Task to carry out: Return, exactly as written, every line from the first line of the data below through the line that contains "elim (reserve_a == 0".
═════ Data listing ═════
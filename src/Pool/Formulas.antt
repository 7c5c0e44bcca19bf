-- ===== src/Pool/Formulas.antt =====
-- liquidity_pool/src/pool.rs: what a deposit takes, what a swap pays, what a swap costs.
use soroban_amm.Prelude.{ℕ, ◌+◌, ◌*◌, ◌/◌, ◌&&◌, ◌||◌, true, false, ltb, leb, ◌==◌}
use soroban_amm.Host.{
  Math, Result, ok, ◌>>=◌, ◌>>◌, panic_if, validation, invalid_deposit_amount, ValidationError, fit,
  sub_checked,
}

abbrev pub fee_multiplier : ℕ
fee_multiplier = 10000

module _ ⦃m : Math⦄ where
  unfoldable pub get_deposit_amounts : ℕ → ℕ → ℕ → ℕ → ℕ → ℕ → Result (ℕ × ℕ)
  get_deposit_amounts desired_a min_a desired_b min_b reserve_a reserve_b =
      elim (reserve_a == 0 && reserve_b == 0) [
        | true ↦ ok (desired_a, desired_b)
        | false ↦ do
          amount_b ← m.fixed_mul_floor desired_a reserve_b reserve_a
          elim (leb amount_b desired_b) [
            | true ↦ do
              panic_if (ltb amount_b min_b) (validation invalid_deposit_amount)
              ok (desired_a, amount_b)
            | false ↦ do
              amount_a ← m.fixed_mul_floor desired_b reserve_a reserve_b
              panic_if (ltb desired_a amount_a || ltb amount_a min_a)
                  (validation invalid_deposit_amount)
              ok (amount_a, desired_b)
          ]
      ]

  -- The amount bought and the fee, which is taken on the input.
  unfoldable pub get_amount_out : ℕ → ℕ → ℕ → ℕ → Result (ℕ × ℕ)
  get_amount_out fee_fraction in_amount reserve_sell reserve_buy = elim (in_amount == 0) [
    | true ↦ ok (0, 0)
    | false ↦ do
      kept ← sub_checked fee_multiplier fee_fraction
      scaled ← fit 128 (in_amount * kept)
      let in_after_fee = scaled / fee_multiplier
      denominator ← fit 128 (reserve_sell + in_after_fee)
      raw_out ← m.fixed_mul_floor in_after_fee reserve_buy denominator
      fee ← sub_checked in_amount in_after_fee
      ok (raw_out, fee)
  ]

  -- The amount sold for exactly `out_amount`, and the fee in it.
  unfoldable pub get_amount_out_strict_receive : ℕ → ℕ → ℕ → ℕ → Result (ℕ × ℕ)
  get_amount_out_strict_receive fee_fraction out_amount reserve_sell reserve_buy =
      elim (out_amount == 0) [
        | true ↦ ok (0, 0)
        | false ↦ do
          panic_if (leb reserve_buy out_amount) (validation ValidationError.insufficient_balance)
          left ← sub_checked reserve_buy out_amount
          dx_after_fee ← m.fixed_mul_ceil reserve_sell out_amount left
          kept ← sub_checked fee_multiplier fee_fraction
          dx_before_fee ← m.fixed_mul_ceil dx_after_fee fee_multiplier kept
          fee ← sub_checked dx_before_fee dx_after_fee
          ok (dx_before_fee, fee)
      ]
═════
Problem solution:
filename src/Pool/Formulas.antt
repository 7c5c0e44bcca19bf
-- ===== src/Pool/Formulas.antt =====
-- liquidity_pool/src/pool.rs: what a deposit takes, what a swap pays, what a swap costs.
use soroban_amm.Prelude.{ℕ, ◌+◌, ◌*◌, ◌/◌, ◌&&◌, ◌||◌, true, false, ltb, leb, ◌==◌}
use soroban_amm.Host.{
  Math, Result, ok, ◌>>=◌, ◌>>◌, panic_if, validation, invalid_deposit_amount, ValidationError, fit,
  sub_checked,
}

abbrev pub fee_multiplier : ℕ
fee_multiplier = 10000

module _ ⦃m : Math⦄ where
  unfoldable pub get_deposit_amounts : ℕ → ℕ → ℕ → ℕ → ℕ → ℕ → Result (ℕ × ℕ)
  get_deposit_amounts desired_a min_a desired_b min_b reserve_a reserve_b =
      elim (reserve_a == 0 && reserve_b == 0) [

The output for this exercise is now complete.